When the temperature isn't so low, one group of bees will transfer the distant food supplies closer to the cluster in order for it to be more approachable to the cluster when the temperature drops again and the bees are no longer able to leave the cluster.
The snow shouldn't be cleaned of the hives because it is actually a great isolator.
During winter, even when there is snow, when it's a nice sunny day the bees come out for a cleansing flight to get rid of their body waste. They never do it in the hive except in case of illness and they can hold up for days (in really cold climates even months) until a nice sunny day allows them to go out and do the cleansing flight.
Bees' diet during winter
Sugar water with which beekeepers feed their bees in preparation for winter, doesn't have minerals. So the bees that eat honey made from it (note that it’s not real honey that you would want to harvest) can manage not to go on a cleansing flight for a longer period of time.

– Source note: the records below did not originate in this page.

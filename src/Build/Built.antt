-- ===== src/Build/Built.antt =====
-- What `build` leaves: the built image under the app's own name, or the images that there were.
use climate.Common.{
  Text, Option, some, none, true, false, ok, err, Result, context-eq-ok, ◌≡◌, refl, ap, ◌∙◌,
  Option-cases, Result-cases, inl, inr,
}
use climate.Common.Error.{invalid_reference, bad_manifest}
use climate.Config.{AppConfig}
use climate.Store.{
  put_ref, Manifest, Store, Path2, AppImage, find_blob, digest_path, has_layer, has_blob, read_blob,
  read_ref, exists, read_manifest, image_key,
}
use climate.Store.Action.{
  Promises, Ends, change, ◌>>◌, asks-Promises, change-Promises, bind-Promises,
}
use climate.Store.Kept.{Kept, Kept-refl, Kept-trans, has_layer-Kept, read_blob-Kept}
use climate.Fetch.Rules.{lift-then}
use climate.Fetch.Blobs.{
  write_blob-Promises, record_ref-Promises, stored_blob, stored_blob-Kept, IsWritten,
}
use climate.Fetch.Complete.{read_ref-put_ref}
use climate.Runtime.Overlay.{Overlays}
use climate.Build.{
  World, app_image, build_digest, add_layer, base_of, rename_upper, build, run_in_layer,
  record_image,
}
use climate.Build.Steps.{Unwritten, Unwritten-Kept, run_in_layer-Promises, rename_upper-Kept}

-- Bytes that are read where there are none.
no_blob :
    (s : Store) (digest b bytes : Text)
    → has_blob s digest ≡ ok false
    → read_blob s digest ≡ ok b
    → b ≡ bytes
unfolding has_blob read_blob
no_blob s digest b bytes absent h = elim (Result-cases (digest_path digest)) [
  | inr (e, bad) ↦ let failed : err e ≡ Result.ok b = rw bad at h in cc
  | inl (path, e) ↦ elim (Option-cases (find_blob path s.blobs)) [
    | inl missing ↦ cc
    | inr (bytes, there) ↦
        let held : Result.ok (exists (find_blob path s.blobs)) ≡ ok false = rw e at absent in cc
  ]
]

-- The store once the image of an app has been built on `base`.
pub record IsBuilt {D F K P S : Type 0} (world : World D F K P S) (s0 : Store) (cfg : AppConfig F K)
    (s : Store) : Type 0 where
  pub base : Manifest
  pub base_key : Text
  pub key : Text
  pub bytes : Text
  pub named : world.formats.parse_reference cfg.image.reference ≡ some base_key
  pub based : read_manifest world.formats s0 base_key ≡ ok (some base)
  pub keyed : image_key world.formats (app_image cfg) ≡ ok key
  pub serialised : world.serialise (add_layer base (build_digest world.unique_id)) ≡ some bytes
  pub recorded : read_ref s key ≡ some (build_digest world.unique_id)
  pub manifest : read_blob s (build_digest world.unique_id) ≡ ok bytes
  pub layer : has_layer s (build_digest world.unique_id) ≡ ok true
  pub blobs : (d b : Text) → read_blob s0 d ≡ ok b → read_blob s d ≡ ok b
  pub layers : (d : Text) → has_layer s0 d ≡ ok true → has_layer s d ≡ ok true

base_of-some :
    (app : AppImage) (found : Option Manifest) (base : Manifest)
    → base_of app found ≡ ok base
    → found ≡ some base
base_of-some app none base h = cc
base_of-some app (some m) base h = ap some cc

module _ {D F K P S : Type 0} (world : World D F K P S) (s0 : Store) where
  -- The new layer and the manifest in the store, before the app's image is recorded.
  record Written (base : Manifest) (bytes : Text) (s : Store) : Type 0 where
    kept : Kept s0 s
    held : read_blob s (build_digest world.unique_id) ≡ ok bytes
    layer : has_layer s (build_digest world.unique_id) ≡ ok true
    serialised : world.serialise (add_layer base (build_digest world.unique_id)) ≡ some bytes

  recorded_build :
      (cfg : AppConfig F K) (base : Manifest) (base_key key bytes : Text) (s : Store)
      → world.formats.parse_reference cfg.image.reference ≡ some base_key
      → read_manifest world.formats s0 base_key ≡ ok (some base)
      → image_key world.formats (app_image cfg) ≡ ok key
      → Written base bytes s
      → IsBuilt world s0 cfg (put_ref key (build_digest world.unique_id) s)
  unfolding read_blob has_layer
  recorded_build cfg base base_key key bytes s named based keyed w = record {
    base = base;
    base_key = base_key;
    key = key;
    bytes = bytes;
    named = named;
    based = based;
    keyed = keyed;
    serialised = w.serialised;
    recorded = read_ref-put_ref s key (build_digest world.unique_id);
    manifest = w.held;
    layer = w.layer;
    blobs = λ d b h. read_blob-Kept d b w.kept h;
    layers = λ d h. has_layer-Kept d w.kept h;
  }

  module _ (fresh : has_blob s0 (build_digest world.unique_id) ≡ ok false)
      (done_writing : IsWritten world.writes) where
    write_base :
        (base : Manifest) (bytes : Text) (s s' : Store)
        → (Unwritten s0) s
        → has_layer s (build_digest world.unique_id) ≡ ok true
        → world.serialise (add_layer base (build_digest world.unique_id)) ≡ some bytes
        → stored_blob s (build_digest world.unique_id) bytes ≡ ok s'
        → Written base bytes s'
    unfolding has_blob read_blob
    write_base base bytes s s' p layer serialised h =
        let digest = build_digest world.unique_id in
        let (kept, held) =
          stored_blob-Kept s s' digest bytes
            (λ b there. no_blob s0 digest b bytes fresh (rw p.1 at there)) h in
        record {
          kept = Kept-trans p.0 kept;
          held = held;
          layer = has_layer-Kept digest kept layer;
          serialised = serialised;
        }

    record_image-Promises :
        (cfg : AppConfig F K) (base : Manifest) (base_key : Text)
        → world.formats.parse_reference cfg.image.reference ≡ some base_key
        → read_manifest world.formats s0 base_key ≡ ok (some base)
        → Promises
            (λ s. (Unwritten s0) s × (has_layer s (build_digest world.unique_id) ≡ ok true))
            (record_image world cfg base (build_digest world.unique_id))
            (λ done s. IsBuilt world s0 cfg s)
            (Kept s0)
    unfolding record_image
    record_image-Promises cfg base base_key named based =
        let digest = build_digest world.unique_id in
        lift-then (λ s p. p.0.0) _ _
          (λ bytes made.
            let serialised =
              context-eq-ok (world.serialise (add_layer base digest)) (bad_manifest digest) made in
            bind-Promises (λ done s. Written base bytes s) _ _
              (write_blob-Promises world.writes done_writing digest bytes (
                change-Promises _ (λ s. stored_blob s digest bytes) (λ s p. p.0.0)
                  (λ s s' p h. write_base base bytes s s' p.0 p.1 serialised h)))
              (λ done.
                lift-then (λ s w. w.kept) _ _
                  (λ key keyed.
                    record_ref-Promises world.writes done_writing key digest
                      (λ s w. recorded_build cfg base base_key key bytes s named based keyed w))))

    finish-Promises :
        (cfg : AppConfig F K) (base : Manifest) (base_key : Text) (layer : Path2)
        → world.formats.parse_reference cfg.image.reference ≡ some base_key
        → read_manifest world.formats s0 base_key ≡ ok (some base)
        → digest_path (build_digest world.unique_id) ≡ ok layer
        → Promises
            (Unwritten s0)
            (change (rename_upper world (build_digest world.unique_id) layer)
              >> record_image world cfg base (build_digest world.unique_id))
            (λ done s. IsBuilt world s0 cfg s)
            (Kept s0)
    unfolding has_layer
    finish-Promises cfg base base_key layer named based path =
        let digest = build_digest world.unique_id in
        bind-Promises (λ done s. (Unwritten s0) s × (has_layer s digest ≡ ok true)) _ _
          (change-Promises _ (rename_upper world digest layer) (Unwritten-Kept world s0)
            (λ s s' p h.
              let (kept, same, there) = rename_upper-Kept world s0 digest layer s s' h in
              ((Kept-trans p.0 kept, same ∙ p.1), rw path (ap ok there))))
          (λ done. record_image-Promises cfg base base_key named based)

    build-Promises :
        (cfg : AppConfig F K) (script : Text) (o : Overlays)
        → Promises
            (λ s. s ≡ s0)
            (build world cfg script o)
            (λ done s. IsBuilt world s0 cfg s)
            (Kept s0)
    unfolding build
    build-Promises cfg script o =
        let unchanged : (s : Store) → s ≡ s0 → Kept s0 s = λ s p. rw p (Kept-refl s0) in
        lift-then unchanged _ _ (λ base_key parsed.
          let named =
            context-eq-ok (world.formats.parse_reference cfg.image.reference)
              (invalid_reference cfg.image.reference) parsed in
          bind-Promises (λ found s. (s ≡ s0) × (read_manifest world.formats s0 base_key ≡ ok found))
            _ _
            (asks-Promises _ (λ s. read_manifest world.formats s base_key) unchanged
              (λ s found p e. (p, rw p at e)))
            (λ found.
              lift-then (λ s p. unchanged s p.0) (base_of (app_image cfg) found) _
                (λ base known.
                  lift-then (λ s p. unchanged s p.0) _ _
                    (λ layer path. record {
                      ends = λ s p.
                          let based = p.1 ∙ ap ok (base_of-some (app_image cfg) found base known) in
                          let there : (Unwritten s0) s =
                            (unchanged s p.0, ap (λ (t : Store). t.blobs) p.0) in
                          (bind-Promises (λ done s. (Unwritten s0) s)
                              (run_in_layer world cfg script o base_key base layer) _
                              (run_in_layer-Promises world s0 cfg script o base_key base layer)
                              (λ done.
                                finish-Promises cfg base base_key layer named based path)).ends
                            s there;
                    }))))

-- A build that goes well leaves the app's image: its manifest is the base image's with one layer more,
-- under a name of its own, that layer is in the store, and what the store held is still there. One that
-- fails, in the script or anywhere else, leaves the refs, the blobs and the layers that there were. No
-- blob has the name of the new layer before, and no write of a manifest or a ref breaks off: that would
-- leave a torn file in the place of the one that was there.
pub build-Ends :
    {D F K P S : Type 0} (world : World D F K P S) (cfg : AppConfig F K) (script : Text)
    (o : Overlays) (s : Store)
    → has_blob s (build_digest world.unique_id) ≡ ok false
    → IsWritten world.writes
    → Ends (λ done s'. IsBuilt world s cfg s') (Kept s) (build world cfg script o s)
build-Ends world cfg script o s fresh written =
    (build-Promises world s fresh written cfg script o).ends s refl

This is especially useful in areas where there are many days with low temperature which doesn't allow the bees to go out for a cleansing flight.
This doesn’t mean that honey is bad for wintering. But some kinds of honey, with high amounts of minerals, may cause bees need to go on cleansing flights more often, and if weather doesn’t allow that it may become a problem.
The best honey for bees in winter is the one that has less minerals. Usually, honey lighter in color has less minerals.
Honeydew honey has great amount of minerals which makes it harder for bees in winter and if they aren't capable to go out for a cleansing flight for a longer period of time, they could get a food disorder or Nosema disease (bees diarrhea).
During the winter bees don't use pollen supplies.
They need those supplies for raising the brood at the end of winter when the queen starts laying eggs again.
Winter preparations of honey bee colonies
These are the things that the beekeeper needs to do at the end of the summer in order to prepare his colonies for winter:
Take off and store the honey supers
Combining weak colonies with stronger ones
Treating against varroa mites
Feeding in order to provide colonies with enough food until spring
Putting mice guards
Beekeeping activities during the winter
If all of the preparations are well done and the colonies are well fed, there is no work around the hives during winter.
The hives shouldn't be disturbed during the winter. Any kind of disturbance can cause a part or the whole cluster to fall down to the bottom board and due to low temperature they can't come back, so the ones that fall will die.
Even though there is no work on the apiary itself, there is a lot of work you can do outside of it, for example:
Fixing and adjusting the equipment
Preparing wax foundations for the spring
Reading beekeeping literature and analyzing what has been done during the previous season – this is especially important for beginner beekeepers.